Multiple Systems
The most advanced features of FastMultipole
include:
- the ability to solve the $n$-body problem for multiple systems simultaneously in a single FMM call
- satisfy an error tolerance by dynamically adjusting the expansion order of multipole-to-local transformations
- predict the full array of FMM tuning parameters such that an error tolerance is met
In the this section, and continuing in Automated Tuning, we will first describe how to run the FMM for multi-system problems. Then, we will describe how to impose an error tolerance. Finally, we will show how to automatically tune the FMM parameters.
Simultaneous Computation of Several Target and Source Systems
FastMutipole
allows FMM to be performed efficiently on distinct target and source systems. This is done by creating two octrees: one for sources, and one for targets [3]. For example, say we desire to know the influence of one system of point masses on another, but not vice versa. This is done by passing both systems to the fmm!
function with the target system first, as:
using FastMultipole
using Random # needed for `gravitational.jl`
gravitational_path = normpath(joinpath(splitdir(pathof(FastMultipole))[1], "..", "test", "gravitational.jl"))
include(gravitational_path)
target_system = generate_gravitational(123, 1000)
source_system = generate_gravitational(321, 1000)
fmm!(target_system, source_system)
println("gravitational acceleration: ", target_system.potential[5:7,1:10], "...")
gravitational acceleration: [0.08493884822133471 -0.11084372433205175 0.041347632985565604 -0.1863621517367257 -0.08011810805054259 0.04306673245903067 0.0026037448998806746 0.03587428613837394 -0.08002640294442173 0.15009451094982013; 0.002073840920276872 0.3215930836528468 -0.03967273201136324 -0.005960953149224658 0.03828114050071747 0.14489807182906364 0.010013929319383668 0.05641013581893285 0.021727973779433876 0.007681084388235132; 0.023957945365164404 -0.09630611059971712 -0.025023566343257052 0.1337146690539532 -0.04538444503621948 -0.07362887885237299 0.08060484661663683 -0.015529897358683238 -0.015618344404806379 0.10559335815763894]...
The fmm!
function can take any number of target and source systems, so long as they are passed as tuples. This allows for the simultaneous evaluation of multiple source systems on multiple target systems.
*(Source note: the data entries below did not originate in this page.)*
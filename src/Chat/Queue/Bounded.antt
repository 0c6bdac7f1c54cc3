-- ===== src/Chat/Queue/Bounded.antt =====
-- The bounds of the queue, and one running job for each key.
use backend_bmo_blabs.Base.{
  ℕ, suc, ◌+◌, ◌≤◌, ◌<◌, ◌≡◌, refl, subst, inl, inr, Bool, false, ◌||◌, List, [], ◌∷◌, ltb, leb,
  ◌==◌, length, length-append, arith, Bool-cases, Option-cases,
}
use backend_bmo_blabs.Base.Picking.{take_first, take_first-some, Takes, tally}
use backend_bmo_blabs.Chat.Queue.Keys.{
  has, times, has-times, times-add, length-add, times-delete, length-delete,
}
use backend_bmo_blabs.Chat.Queue.{
  Job, ChatQueue, new_queue, reserve, start, is_ready, drain, consume, push, commit, release, stop,
  finish, close, Call, step, run,
}

abbrev pub key_of : Job → ℕ
key_of j = j.key

-- The counts agree with what they count, and are within the limits; no two running jobs have the
-- same key.
pub record IsBounded (s : ChatQueue) : Type 0 where
  pub counts_running : s.active ≡ length s.running
  pub counts_keys : s.active ≡ length s.active_keys
  pub counts_open : s.reserved ≡ length s.open_reservations
  pub same_keys : (k : ℕ) → times k s.active_keys ≡ tally key_of k s.running
  pub one_job : (k : ℕ) → tally key_of k s.running ≤ 1
  pub in_time : s.active ≤ s.max_concurrent
  pub in_all : s.active + length s.waiting + s.reserved ≤ s.max_concurrent + s.max_pending

start-IsBounded :
    (s : ChatQueue) (j : Job) (rest : List Job)
    → IsBounded s
    → s.active < s.max_concurrent
    → Takes (is_ready s) s.waiting j rest
    → IsBounded (start j rest s)
unfolding start is_ready
start-IsBounded s j rest v room (ready, long, _, _) =
    let free : has j.key s.active_keys ≡ false = ground arith in
    let none_there = has-times j.key s.active_keys free in
    let more = length-add j.key s.active_keys free in
    let a = v.counts_running in
    let b = v.counts_keys in
    let whole = v.in_all in
    record {
      counts_running = omega arith;
      counts_keys = omega arith;
      counts_open = v.counts_open;
      same_keys = λ k. omega (arith, times-add k j.key s.active_keys free, v.same_keys k);
      one_job = λ k. elim (Bool-cases (j.key == k)) [
        | inl same ↦
            let e : j.key ≡ k = ground arith in
            let none_k = subst (λ x. times x s.active_keys ≡ 0) e none_there in
            let h = v.same_keys k in ground arith
        | inr other ↦ let h = v.one_job k in ground arith
      ];
      in_time = omega arith;
      in_all = omega arith;
    }

pub drain-IsBounded : (fuel : List Job) (s : ChatQueue) → IsBounded s → IsBounded (drain fuel s)
unfolding drain
drain-IsBounded [] s v = v
drain-IsBounded (f ∷ fuel) s v = elim (Bool-cases (ltb s.active s.max_concurrent)) [
  | inr full ↦ rw (full, drain) v
  | inl room ↦ elim (Option-cases (take_first (is_ready s) s.waiting)) [
    | inl nothing ↦ rw (room, drain) (rw (nothing) v)
    | inr ((j, rest), found) ↦
        rw (room, drain)
          (rw (found) (
            drain-IsBounded fuel (start j rest s) (
              start-IsBounded s j rest v (ground arith)
                (take_first-some (is_ready s) s.waiting j rest found))))
  ]
]

reserve-IsBounded : (s : ChatQueue) → IsBounded s → IsBounded (reserve s).0
unfolding reserve
reserve-IsBounded s v =
    elim (Bool-cases (
      s.is_closed
      || leb (s.max_concurrent + s.max_pending) (s.active + length s.waiting + s.reserved))) [
        | inl full ↦ rw (full, reserve) v
        | inr room ↦
            let a = v.counts_open in
            rw (room, reserve)
              (record {
                counts_running = v.counts_running;
                counts_keys = v.counts_keys;
                counts_open = omega arith;
                same_keys = v.same_keys;
                one_job = v.one_job;
                in_time = v.in_time;
                in_all = ground arith;
              })
      ]

consume-IsBounded :
    (s : ChatQueue) (rest : List ℕ)
    → length s.open_reservations ≡ suc (length rest)
    → IsBounded s
    → IsBounded (consume rest s) × (s.reserved ≡ suc (consume rest s).reserved)
unfolding consume
consume-IsBounded s rest long v =
    let a = v.counts_open in
    let b = v.in_all in
    (
      record {
        counts_running = v.counts_running;
        counts_keys = v.counts_keys;
        counts_open = omega arith;
        same_keys = v.same_keys;
        one_job = v.one_job;
        in_time = v.in_time;
        in_all = omega arith;
      },
      omega arith,
    )

push-IsBounded :
    (s : ChatQueue) (j : Job)
    → s.active + length s.waiting + s.reserved < s.max_concurrent + s.max_pending
    → IsBounded s
    → IsBounded (push j s)
unfolding push
push-IsBounded s j room v = record {
  counts_running = v.counts_running;
  counts_keys = v.counts_keys;
  counts_open = v.counts_open;
  same_keys = v.same_keys;
  one_job = v.one_job;
  in_time = v.in_time;
  in_all = omega (arith, length-append s.waiting (j ∷ []));
}

commit-IsBounded :
    (ticket key : ℕ) (s : ChatQueue) → IsBounded s → IsBounded (commit ticket key s).0
unfolding commit consume
commit-IsBounded ticket key s v =
    elim (Option-cases (take_first (λ t. t == ticket) s.open_reservations)) [
      | inl missing ↦ rw (missing, commit) v
      | inr ((t, rest), found) ↦
          let (_, long, _, _) =
            take_first-some (λ t. t == ticket) s.open_reservations t rest found in
          let (w, less) = consume-IsBounded s rest long v in
          let whole = v.in_all in
          rw (found, commit)
            (drain-IsBounded _ _ (push-IsBounded (consume rest s) _ (omega arith) w))
    ]

release-IsBounded : (ticket : ℕ) (s : ChatQueue) → IsBounded s → IsBounded (release ticket s)
unfolding release
release-IsBounded ticket s v =
    elim (Option-cases (take_first (λ t. t == ticket) s.open_reservations)) [
      | inl missing ↦ rw (missing, release) v
      | inr ((t, rest), found) ↦
          let (_, long, _, _) =
            take_first-some (λ t. t == ticket) s.open_reservations t rest found in
          rw (found, release) ((consume-IsBounded s rest long v).0)
    ]

stop-IsBounded :
    (s : ChatQueue) (j : Job) (rest : List Job) (p : Job → Bool)
    → Takes p s.running j rest
    → IsBounded s
    → IsBounded (stop j rest s)
unfolding stop
stop-IsBounded s j rest p (_, long, counts, _) v =
    let fewer = length-delete j.key s.active_keys in
    let here = counts key_of j.key in
    let once = v.one_job j.key in
    let same = v.same_keys j.key in
    let a = v.counts_running in
    let b = v.counts_keys in
    let c = v.in_time in
    let d = v.in_all in
    let gone : times j.key s.active_keys ≡ 1 = ground arith in
    record {
      counts_running = omega arith;
      counts_keys = omega arith;
      counts_open = v.counts_open;
      same_keys = λ k.
          let e = times-delete k j.key s.active_keys in
          let f = counts key_of k in let g = v.same_keys k in let h = v.one_job k in ground arith;
      one_job = λ k. let f = counts key_of k in let h = v.one_job k in omega arith;
      in_time = omega arith;
      in_all = omega arith;
    }

finish-IsBounded : (ticket : ℕ) (s : ChatQueue) → IsBounded s → IsBounded (finish ticket s)
unfolding finish
finish-IsBounded ticket s v = elim (Option-cases (take_first (λ j. j.ticket == ticket) s.running)) [
  | inl missing ↦ rw (missing, finish) v
  | inr ((j, rest), found) ↦
      rw (found, finish)
        (drain-IsBounded _ _ (
          stop-IsBounded s j rest (λ j. j.ticket == ticket)
            (take_first-some (λ j. j.ticket == ticket) s.running j rest found) v))
]

close-IsBounded : (s : ChatQueue) → IsBounded s → IsBounded (close s)
unfolding close
close-IsBounded s v = record {
  counts_running = v.counts_running;
  counts_keys = v.counts_keys;
  counts_open = v.counts_open;
  same_keys = v.same_keys;
  one_job = v.one_job;
  in_time = v.in_time;
  in_all = v.in_all;
}

pub step-IsBounded : (s : ChatQueue) (c : Call) → IsBounded s → IsBounded (step s c)
unfolding step
step-IsBounded s Call.reserves v = reserve-IsBounded s v
step-IsBounded s Call.closes v = close-IsBounded s v
step-IsBounded s (Call.commits ticket key) v = commit-IsBounded ticket key s v
step-IsBounded s (Call.releases ticket) v = release-IsBounded ticket s v
step-IsBounded s (Call.finishes ticket) v = finish-IsBounded ticket s v

pub new-IsBounded : (c p : ℕ) → IsBounded (new_queue c p)
unfolding new_queue
new-IsBounded c p = record {
  counts_running = refl;
  counts_keys = refl;
  counts_open = refl;
  same_keys = λ k. refl;
  one_job = λ k. omega arith;
  in_time = omega arith;
  in_all = omega arith;
}

run_from : (cs : List Call) (s : ChatQueue) → IsBounded s → IsBounded (run s cs)
unfolding run
run_from [] s v = v
run_from (c ∷ cs) s v = run_from cs (step s c) (step-IsBounded s c v)

-- After any calls on a new queue, the counters agree with the running jobs, the active keys and
-- the open reservations; the running jobs are within their limit, all jobs and reservations
-- together within both limits; and no two running jobs have the same key.
pub run-IsBounded :
    (max_concurrent max_pending : ℕ) (calls : List Call)
    → IsBounded (run (new_queue max_concurrent max_pending) calls)
run-IsBounded max_concurrent max_pending calls =
    run_from calls (new_queue max_concurrent max_pending) (new-IsBounded max_concurrent max_pending)
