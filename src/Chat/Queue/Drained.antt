-- ===== src/Chat/Queue/Drained.antt =====
-- No job waits that could run.
use backend_bmo_blabs.Base.{
  ℕ, ◌+◌, ◌≤◌, ◌<◌, inl, inr, ◌||◌, List, [], ◌∷◌, ltb, leb, ◌==◌, length, arith, Bool-cases,
  Option-cases,
}
use backend_bmo_blabs.Base.Picking.{take_first, take_first-some, take_first-none, NoneFits}
use backend_bmo_blabs.Chat.Queue.{
  Job, ChatQueue, new_queue, reserve, start, is_ready, drain, consume, push, commit, release, stop,
  finish, close, Call, step, run,
}

-- If a job may start, then the key of each waiting job is that of a running one.
pub record IsDrained (s : ChatQueue) : Type 0 where
  pub blocked : s.active < s.max_concurrent → NoneFits (is_ready s) s.waiting

-- The loop ends because no job can start, not because the list is used up.
drain-IsDrained :
    (fuel : List Job) (s : ChatQueue) → length s.waiting ≤ length fuel → IsDrained (drain fuel s)
unfolding drain start
drain-IsDrained [] s enough = record { blocked = λ room. none_waits s.waiting enough }
  where
    none_waits : (l : List Job) → length l ≤ 0 → NoneFits (is_ready s) l
    none_waits [] h = tt
    none_waits (x ∷ l) h = absurd (omega arith)
drain-IsDrained (f ∷ fuel) s enough = elim (Bool-cases (ltb s.active s.max_concurrent)) [
  | inr full ↦ rw (full, drain) (record { blocked = λ room. absurd (ground arith) })
  | inl room ↦ elim (Option-cases (take_first (is_ready s) s.waiting)) [
    | inl nothing ↦
        rw (room, drain)
          (rw (nothing) (record { blocked = λ r. take_first-none (is_ready s) s.waiting nothing }))
    | inr ((j, rest), found) ↦
        let (_, long, _, _) = take_first-some (is_ready s) s.waiting j rest found in
        rw (room, drain) (rw (found) (drain-IsDrained fuel (start j rest s) (omega arith)))
  ]
]

drained : (s : ChatQueue) → IsDrained (drain s.waiting s)
drained s = drain-IsDrained s.waiting s (omega arith)

consume-IsDrained : (s : ChatQueue) (rest : List ℕ) → IsDrained s → IsDrained (consume rest s)
unfolding consume is_ready
consume-IsDrained s rest v = record { blocked = v.blocked }

reserve-IsDrained : (s : ChatQueue) → IsDrained s → IsDrained (reserve s).0
unfolding reserve is_ready
reserve-IsDrained s v =
    elim (Bool-cases (
      s.is_closed
      || leb (s.max_concurrent + s.max_pending) (s.active + length s.waiting + s.reserved))) [
        | inl full ↦ rw (full, reserve) v
        | inr room ↦ rw (room, reserve) (record { blocked = v.blocked })
      ]

commit-IsDrained :
    (ticket key : ℕ) (s : ChatQueue) → IsDrained s → IsDrained (commit ticket key s).0
unfolding commit
commit-IsDrained ticket key s v =
    elim (Option-cases (take_first (λ t. t == ticket) s.open_reservations)) [
      | inl missing ↦ rw (missing, commit) v
      | inr ((t, rest), found) ↦
          rw (found, commit)
            (drained (push (record { ticket = ticket; key = key }) (consume rest s)))
    ]

release-IsDrained : (ticket : ℕ) (s : ChatQueue) → IsDrained s → IsDrained (release ticket s)
unfolding release
release-IsDrained ticket s v =
    elim (Option-cases (take_first (λ t. t == ticket) s.open_reservations)) [
      | inl missing ↦ rw (missing, release) v
      | inr ((t, rest), found) ↦ rw (found, release) (consume-IsDrained s rest v)
    ]

finish-IsDrained : (ticket : ℕ) (s : ChatQueue) → IsDrained s → IsDrained (finish ticket s)
unfolding finish stop
finish-IsDrained ticket s v = elim (Option-cases (take_first (λ j. j.ticket == ticket) s.running)) [
  | inl missing ↦ rw (missing, finish) v
  | inr ((j, rest), found) ↦
      rw (found, finish) (drain-IsDrained s.waiting (stop j rest s) (omega arith))
]

step-IsDrained : (s : ChatQueue) (c : Call) → IsDrained s → IsDrained (step s c)
unfolding step close is_ready
step-IsDrained s Call.reserves v = reserve-IsDrained s v
step-IsDrained s Call.closes v = record { blocked = v.blocked }
step-IsDrained s (Call.commits ticket key) v = commit-IsDrained ticket key s v
step-IsDrained s (Call.releases ticket) v = release-IsDrained ticket s v
step-IsDrained s (Call.finishes ticket) v = finish-IsDrained ticket s v

run_from : (cs : List Call) (s : ChatQueue) → IsDrained s → IsDrained (run s cs)
unfolding run
run_from [] s v = v
run_from (c ∷ cs) s v = run_from cs (step s c) (step-IsDrained s c v)

-- After any calls on a new queue, a job waits only if as many jobs run as may, or a job of its key
-- runs: the loop that starts jobs does not stop before.
pub run-IsDrained :
    (max_concurrent max_pending : ℕ) (calls : List Call)
    → IsDrained (run (new_queue max_concurrent max_pending) calls)
unfolding new_queue
run-IsDrained max_concurrent max_pending calls =
    run_from calls (new_queue max_concurrent max_pending) (record { blocked = λ room. tt })
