-- ===== src/Chat/Queue/Tests.antt =====
-- Runs of the queue.
use backend_bmo_blabs.Base.{◌≡◌, refl, List, [], ◌∷◌, map}
use backend_bmo_blabs.Base.Picking.{take_first}
use backend_bmo_blabs.Chat.Queue.Keys.{has, add}
use backend_bmo_blabs.Chat.Queue.{
  new_queue, reserve, start, is_ready, drain, consume, push, commit, Call, step, run,
}
use backend_bmo_blabs.Chat.Queue.Bounded.{IsBounded, key_of, run-IsBounded}
use backend_bmo_blabs.Chat.Queue.Drained.{IsDrained, run-IsDrained}

-- Two jobs of key 8 and one of key 9; the first ends.
abbrev three_jobs : List Call
three_jobs =
    Call.reserves
    ∷ Call.reserves
    ∷ Call.reserves
    ∷ Call.commits 0 8
    ∷ Call.commits 1 8
    ∷ Call.commits 2 9
    ∷ []

-- The second job of key 8 is passed over.
passes_over : map key_of (run (new_queue 2 64) three_jobs).running ≡ 9 ∷ 8 ∷ []
unfolding run step new_queue reserve commit consume push drain start is_ready take_first has add
passes_over = refl

waits : map key_of (run (new_queue 2 64) three_jobs).waiting ≡ 8 ∷ []
unfolding run step new_queue reserve commit consume push drain start is_ready take_first has add
waits = refl

run-IsBounded_example : IsBounded (run (new_queue 2 64) three_jobs)
run-IsBounded_example = run-IsBounded 2 64 three_jobs

run-IsDrained_example : IsDrained (run (new_queue 2 64) three_jobs)
run-IsDrained_example = run-IsDrained 2 64 three_jobs
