-- ===== src/Chat/Title/Bounds.antt =====
-- The title has one to forty characters.
use backend_bmo_blabs.Base.{
  ℕ, zero, suc, ◌≤◌, ◌<◌, inl, inr, false, List, [], ◌∷◌, ltb, ◌==◌, length, length-append, arith,
  Bool-cases,
}
use backend_bmo_blabs.Chat.Title.{
  is_space, trim_start, trim_end, trim, first_line, squeeze, is_break, slice,
  generate_heuristic_title,
}

length-trim_start : (xs : List ℕ) → length (trim_start xs) ≤ length xs
unfolding trim_start
length-trim_start [] = omega arith
length-trim_start (x ∷ xs) = ground (arith, length-trim_start xs)

length-trim_end : (xs : List ℕ) → length (trim_end xs) ≤ length xs
unfolding trim_end
length-trim_end [] = omega arith
length-trim_end (x ∷ xs) = ground (arith, length-trim_end xs)

length-trim : (xs : List ℕ) → length (trim xs) ≤ length xs
unfolding trim
length-trim xs = omega (arith, length-trim_start xs, length-trim_end (trim_start xs))

length-slice : (n : ℕ) (xs : List ℕ) → length (slice n xs) ≤ n
unfolding slice
length-slice zero xs = omega arith
length-slice (suc n) [] = omega arith
length-slice (suc n) (x ∷ xs) = omega (arith, length-slice n xs)

-- Any text gives a title of at least one character and at most forty.
pub title_bounds :
    (text : List ℕ)
    → (0 < length (generate_heuristic_title text)) × (length (generate_heuristic_title text) ≤ 40)
unfolding generate_heuristic_title
title_bounds text =
    let cleaned = trim (squeeze is_space false (squeeze is_break false (first_line (trim text)))) in
    let a = length-trim (slice 37 cleaned) in
    let b = length-slice 37 cleaned in
    let c = length-append (trim (slice 37 cleaned)) (b'.' ∷ b'.' ∷ b'.' ∷ []) in
    elim (Bool-cases (length cleaned == 0)) [
      | inl nothing ↦ rw nothing (omega arith, omega arith)
      | inr words ↦ elim (Bool-cases (ltb 40 (length cleaned))) [
        | inl long ↦ rw (words, long) (omega arith, omega arith)
        | inr short ↦ rw (words, short) (ground arith, ground arith)
      ]
    ]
In practice, the source system might be a collection of systems, composed of a variety of datastructures. So long as the interface functions are defined for each system, we can pass a tuple of any number of systems as the source and or target. For example, we could evaluate the influence of a system of point masses, point vortices, and vortex filaments on two different target systems:
using LinearAlgebra
# include vortex filament and particle models and interface functions
vortex_path = normpath(joinpath(splitdir(pathof(FastMultipole))[1], "..", "test", "vortex.jl"))
include(vortex_path)
filament_path = normpath(joinpath(splitdir(pathof(FastMultipole))[1], "..", "test", "vortex_filament.jl"))
include(filament_path)
# generate systems
n_bodies = 2000
target_one = generate_gravitational(123, n_bodies)
target_two = generate_vortex(124, n_bodies)
source_one = generate_gravitational(125, n_bodies)
source_two = generate_vortex(126, n_bodies)
source_three = generate_filament_field(n_bodies, n_bodies^0.333, 127; strength_scale=1/n_bodies)
# run FMM
fmm!((target_one, target_two), (source_one, source_two, source_three);
scalar_potential=false, gradient=true, hessian=(false, true))
v1 = target_one.potential[5:7,:]
v2 = target_two.gradient_stretching[1:3,:]
# run direct
target_one.potential .= 0.0
target_two.potential .= 0.0
target_two.gradient_stretching .= 0.0
direct!((target_one, target_two), (source_one, source_two, source_three); scalar_potential=false, gradient=true, hessian=(false, true))
# test accuracy
println("max error in target one: ", maximum(abs.(target_one.potential[5:7,:] .- v1)))
println("max error in target two: ", maximum(abs.(target_two.gradient_stretching[1:3,:] .- v2)))
max error in target one: 1.4007503612439853e-5
max error in target two: 1.0289615966441179e-5
Note that scalar_potential
, gradient
, and hessian
can be passed as a single boolean or as a tuple of booleans, one for each target system. This allows the user to specify which values are desired for each target system, and avoids unnecessary calculations for values that are not needed. In this case, we have set scalar_potential=false
and gradient=true
to indicate all target systems, but a tuple hessian=(false,true)
to indicate different settings for each. It is worth remembering that these switches must be implemented by the user when overloading the direct!
function for each system to act as a source.
The fmm!
keyword arguments scalar_potential
, gradient
, and hessian
can be passed as a single boolean or as a tuple of booleans, one for each target system. This allows the user to specify which values are desired for each target system, and avoids unnecessary calculations for values that are not needed.